Podkoszowy radomskiej drużyny zdobył 5 punktów. Pomimo przewagi jego zespołu, losy meczu rozegranego we Wrocławiu rozstrzygnęły się dopiero w drugiej dogrywce. - Tak jest w koszykówce, zdarzają się wzloty i upadki. Raz jedna, raz druga drużyna miała podobne serie. W czwartej kwarcie "odskoczyliśmy" na 10 punktów, ale daliśmy się bardzo głupio "dogonić". W dogrywce było bardzo dużo szczęścia po naszej stronie - zwrócił uwagę.
Sobotni triumf miał niezwykle istotne znaczenie w kontekście zajęcia miejsca w pierwszej "szóstce" tabeli po rundzie zasadniczej. - Teraz każde kolejne spotkanie będzie bardzo ważne. Cieszymy się ze zwycięstwa, ale to nie oznacza, że możemy teraz odpuścić. Musimy "pójść za ciosem" i wygrywać, aby mieć spokój i tę "szóstkę" wywalczyć - podkreślił Witka.

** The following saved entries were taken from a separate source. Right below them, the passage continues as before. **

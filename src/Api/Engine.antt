-- ===== src/Api/Engine.antt =====
-- internal/api/engine/server.gen.go: the types of the engine API server that its handler uses. `F` is
-- the type of the float64 values.
pub mod Strict
use policy_manager.Base.{ℕ, String, Option}
use policy_manager.Json.{Object}
use policy_manager.Service.Evaluation.{EvaluationStatus}

pub record Error : Type 0 where
  pub detail : Option String
  pub status : ℕ
  pub title : String
  pub type : String

pub record ServiceInstance (F : Type 0) : Type 0 where
  pub spec : Object F

pub record EvaluateRequest (F : Type 0) : Type 0 where
  pub service_instance : ServiceInstance F

-- `EvaluateResponseStatus` has the texts of the service's status.
pub record EvaluateResponse (F : Type 0) : Type 0 where
  pub evaluated_service_instance : ServiceInstance F
  pub selected_provider : String
  pub status : EvaluationStatus

-- The responses of the operation; the number is the HTTP status.
pub data EvaluateRequestResponse (F : Type 0) : Type 0 where
  evaluate_request_200 : EvaluateResponse F → EvaluateRequestResponse F
  evaluate_request_400 evaluate_request_401 evaluate_request_403 evaluate_request_406
        evaluate_request_409 evaluate_request_500 :
      Error → EvaluateRequestResponse F
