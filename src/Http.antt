-- ===== src/Http.antt =====
-- net/http as the generated code of the API uses it: a response writer, and what is received of it.
use Prim.Native.String
use Prim.Native.String.append
use policy_manager.Base.{ℕ, ◌≡◌, ap, String, Option, none, some, [], ◌∷◌, Result, ok, err}
use policy_manager.Base.Text.{sprintf}
use policy_manager.Base.Dict.{Dict, insert}

-- http.ResponseWriter: `sent` is the status with the headers at the time of WriteHeader.
pub record Writer : Type 0 where
  pub header : Dict String
  pub sent : Option (ℕ × Dict String)
  pub body : String

abbrev pub new_writer : Writer
new_writer = record { header = []; sent = none; body = "" }

-- `w.Header().Set`
abbrev pub set_header : String → String → Writer → Writer
set_header k v w = record w { header = insert k v w.header }

sent_first : Option (ℕ × Dict String) → ℕ × Dict String → Option (ℕ × Dict String)
sent_first none h = some h
sent_first (some first) h = some first

-- `w.WriteHeader`: a second call has no effect.
unfoldable pub write_header : ℕ → Writer → Writer
unfolding sent_first
write_header status w = record w { sent = sent_first w.sent (status, w.header) }

-- `w.Write`, which sends the status 200 if none has been sent.
unfoldable pub write : String → Writer → Writer
unfolding write_header
write text w = let v = write_header 200 w in record v { body = String.◌++◌ w.body text }

-- `http.Error`
unfoldable pub http_error : String → ℕ → Writer → Writer
unfolding write_header write
http_error message status w = write (sprintf (message ∷ "\n" ∷ [])) (
    write_header status (
      set_header "X-Content-Type-Options" "nosniff"
        (set_header "Content-Type" "text/plain; charset=utf-8" w)))

-- `json.NewEncoder(w).Encode`, from the encoding: a value that cannot be encoded writes nothing.
unfoldable pub encode_to : Result String String → Writer → Result String (Unit {0}) × Writer
unfolding write
encode_to (err e) w = (err e, w)
encode_to (ok text) w = (ok tt, write (sprintf (text ∷ "\n" ∷ [])) w)

-- What a client receives.
pub record HttpResponse : Type 0 where
  pub status_code : ℕ
  pub header : Dict String
  pub body : String

received_with : Option (ℕ × Dict String) → Writer → HttpResponse
received_with none w = record { status_code = 200; header = w.header; body = w.body }
received_with (some (status, header)) w = record {
  status_code = status;
  header = header;
  body = w.body;
}

unfoldable pub received : Writer → HttpResponse
unfolding received_with
received w = received_with w.sent w

-- A response with one header and a body, as `write_header` and `encode_to` leave it.
pub received-encode_to :
    (status : ℕ) (header : Dict String) (text : String)
    → received
        (encode_to
          (ok text)
          (write_header status (record { header = header; sent = none; body = "" }))).1
      ≡ record { status_code = status; header = header; body = sprintf (text ∷ "\n" ∷ []) }
unfolding received encode_to write_header
received-encode_to status header text =
    ap (λ t. record { status_code = status; header = header; body = t })
      (append.nil (sprintf (text ∷ "\n" ∷ [])))
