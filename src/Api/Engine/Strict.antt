-- ===== src/Api/Engine/Strict.antt =====
-- internal/api/engine/server.gen.go: the strict handler of the engine API, with its Visit methods.
use policy_manager.Base.{ℕ, String, Option, none, some, Result, ok, err, ◌∷◌, []}
use policy_manager.Base.Text.{sprintf}
use policy_manager.Http.{
  Writer, new_writer, set_header, write_header, encode_to, http_error, HttpResponse, received,
}
use policy_manager.Api.Engine
use policy_manager.Api.Engine.{
  EvaluateRequest, EvaluateResponse, EvaluateRequestResponse, evaluate_request_200,
  evaluate_request_400, evaluate_request_401, evaluate_request_403, evaluate_request_406,
  evaluate_request_409, evaluate_request_500,
}

-- encoding/json at the types of the engine API, and in its client.
pub record EngineCodec (F : Type 0) : Type 0 where
  pub encode_response : EvaluateResponse F → Result String String
  pub encode_error : Engine.Error → Result String String
  pub decode_body : String → Result String (EvaluateRequest F)
  pub unmarshal_response : String → Result String (EvaluateResponse F)
  pub unmarshal_error : String → Result String Engine.Error

unfoldable pub visit_json : ℕ → Result String String → Writer → Result String (Unit {0}) × Writer
visit_json status encoded w =
    encode_to encoded (write_header status (set_header "Content-Type" "application/json" w))

module _ {F : Type 0} (codec : EngineCodec F) where
  unfoldable pub visit_evaluate_request :
      EvaluateRequestResponse F → Writer → Result String (Unit {0}) × Writer
  unfolding visit_json
  visit_evaluate_request (evaluate_request_200 r) w = visit_json 200 (codec.encode_response r) w
  visit_evaluate_request (evaluate_request_400 e) w = visit_json 400 (codec.encode_error e) w
  visit_evaluate_request (evaluate_request_401 e) w = visit_json 401 (codec.encode_error e) w
  visit_evaluate_request (evaluate_request_403 e) w = visit_json 403 (codec.encode_error e) w
  visit_evaluate_request (evaluate_request_406 e) w = visit_json 406 (codec.encode_error e) w
  visit_evaluate_request (evaluate_request_409 e) w = visit_json 409 (codec.encode_error e) w
  visit_evaluate_request (evaluate_request_500 e) w = visit_json 500 (codec.encode_error e) w

  unfoldable pub visited : Result String (Unit {0}) × Writer → Writer
  visited (ok u, w) = w
  visited (err e, w) = http_error e 500 w

  unfoldable pub respond : Result String (EvaluateRequestResponse F) → Writer → Writer
  unfolding visited
  respond (err e) w = http_error e 500 w
  respond (ok response) w = visited (visit_evaluate_request response w)

  returned : Option (Result String (EvaluateRequestResponse F)) → Writer → Option Writer
  unfolding respond
  returned none w = none
  returned (some response) w = some (respond response w)

  -- `handler` is the one operation of StrictServerInterface; `none` is that it does not return.
  module _ (handler : EvaluateRequest F → Option (Result String (EvaluateRequestResponse F))) where
    evaluate_decoded : Result String (EvaluateRequest F) → Writer → Option Writer
    unfolding returned
    evaluate_decoded (err e) w =
        some (http_error (sprintf ("can't decode JSON body: " ∷ e ∷ [])) 400 w)
    evaluate_decoded (ok body) w = returned (handler body) w

    unfoldable pub evaluate_request : String → Writer → Option Writer
    unfolding evaluate_decoded
    evaluate_request body w = evaluate_decoded (codec.decode_body body) w

    received_of : Option Writer → Option HttpResponse
    received_of none = none
    received_of (some w) = some (received w)

    -- A request with this body, from the wire to the wire; there are no parameters to bind.
    unfoldable pub serve : String → Option HttpResponse
    unfolding received_of
    serve body = received_of (evaluate_request body new_writer)
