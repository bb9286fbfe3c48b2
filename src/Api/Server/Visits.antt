-- ===== src/Api/Server/Visits.antt =====
-- internal/api/server/server.gen.go: the Visit methods, which write a response.
use policy_manager.Base.{ℕ, String, Result, ok}
use policy_manager.Http.{Writer, set_header, write_header, encode_to}
use policy_manager.Api.Codec.{Codec}
use policy_manager.Api.Server.{
  GetHealthResponse, get_health_200, CreatePolicyResponse, create_policy_201, create_policy_400,
  create_policy_401, create_policy_403, create_policy_409, create_policy_422, create_policy_500,
  GetPolicyResponse, get_policy_200, get_policy_401, get_policy_403, get_policy_404, get_policy_500,
  ListPoliciesResponse, list_policies_200, list_policies_400, list_policies_401, list_policies_403,
  list_policies_500, UpdatePolicyResponse, update_policy_200, update_policy_400, update_policy_401,
  update_policy_403, update_policy_404, update_policy_409, update_policy_500, DeletePolicyResponse,
  delete_policy_204, delete_policy_401, delete_policy_403, delete_policy_404, delete_policy_500,
}

-- The three lines that most of the methods are made of.
unfoldable pub visit_json : ℕ → Result String String → Writer → Result String (Unit {0}) × Writer
visit_json status encoded w =
    encode_to encoded (write_header status (set_header "Content-Type" "application/json" w))

module _ (codec : Codec) where
  unfoldable pub visit_get_health : GetHealthResponse → Writer → Result String (Unit {0}) × Writer
  visit_get_health (get_health_200 h) w = visit_json 200 (codec.encode_health h) w

  unfoldable pub visit_list_policies :
      ListPoliciesResponse → Writer → Result String (Unit {0}) × Writer
  visit_list_policies (list_policies_200 l) w = visit_json 200 (codec.encode_policy_list l) w
  visit_list_policies (list_policies_400 e) w = visit_json 400 (codec.encode_error e) w
  visit_list_policies (list_policies_401 e) w = visit_json 401 (codec.encode_error e) w
  visit_list_policies (list_policies_403 e) w = visit_json 403 (codec.encode_error e) w
  visit_list_policies (list_policies_500 e) w = visit_json 500 (codec.encode_error e) w

  unfoldable pub visit_create_policy :
      CreatePolicyResponse → Writer → Result String (Unit {0}) × Writer
  visit_create_policy (create_policy_201 location p) w = encode_to (codec.encode_policy p) (
      write_header 201
        (set_header "Location" location (set_header "Content-Type" "application/json" w)))
  visit_create_policy (create_policy_400 e) w = visit_json 400 (codec.encode_error e) w
  visit_create_policy (create_policy_401 e) w = visit_json 401 (codec.encode_error e) w
  visit_create_policy (create_policy_403 e) w = visit_json 403 (codec.encode_error e) w
  visit_create_policy (create_policy_409 e) w = visit_json 409 (codec.encode_error e) w
  visit_create_policy (create_policy_422 e) w = visit_json 422 (codec.encode_error e) w
  visit_create_policy (create_policy_500 e) w = visit_json 500 (codec.encode_error e) w

  unfoldable pub visit_delete_policy :
      DeletePolicyResponse → Writer → Result String (Unit {0}) × Writer
  visit_delete_policy delete_policy_204 w = (ok tt, write_header 204 w)
  visit_delete_policy (delete_policy_401 e) w = visit_json 401 (codec.encode_error e) w
  visit_delete_policy (delete_policy_403 e) w = visit_json 403 (codec.encode_error e) w
  visit_delete_policy (delete_policy_404 e) w = visit_json 404 (codec.encode_error e) w
  visit_delete_policy (delete_policy_500 e) w = visit_json 500 (codec.encode_error e) w

  unfoldable pub visit_get_policy : GetPolicyResponse → Writer → Result String (Unit {0}) × Writer
  visit_get_policy (get_policy_200 p) w = visit_json 200 (codec.encode_policy p) w
  visit_get_policy (get_policy_401 e) w = visit_json 401 (codec.encode_error e) w
  visit_get_policy (get_policy_403 e) w = visit_json 403 (codec.encode_error e) w
  visit_get_policy (get_policy_404 e) w = visit_json 404 (codec.encode_error e) w
  visit_get_policy (get_policy_500 e) w = visit_json 500 (codec.encode_error e) w

  unfoldable pub visit_update_policy :
      UpdatePolicyResponse → Writer → Result String (Unit {0}) × Writer
  visit_update_policy (update_policy_200 p) w = visit_json 200 (codec.encode_policy p) w
  visit_update_policy (update_policy_400 e) w = visit_json 400 (codec.encode_error e) w
  visit_update_policy (update_policy_401 e) w = visit_json 401 (codec.encode_error e) w
  visit_update_policy (update_policy_403 e) w = visit_json 403 (codec.encode_error e) w
  visit_update_policy (update_policy_404 e) w = visit_json 404 (codec.encode_error e) w
  visit_update_policy (update_policy_409 e) w = visit_json 409 (codec.encode_error e) w
  visit_update_policy (update_policy_500 e) w = visit_json 500 (codec.encode_error e) w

Przed Rosą starcie z Asseco Gdynia, do którego dojdzie za dwa tygodnie. W zeszłym sezonie zawodnik bronił barw klubu z Trójmiasta, więc dla niego będzie to bardzo ważna konfrontacja. Póki co radomianie mogą się jednak cieszyć z wygranej ze Śląskiem. - Ten mecz pokazał, że zawsze trzeba być przygotowanym na wszystko - zakończył były reprezentant Polski.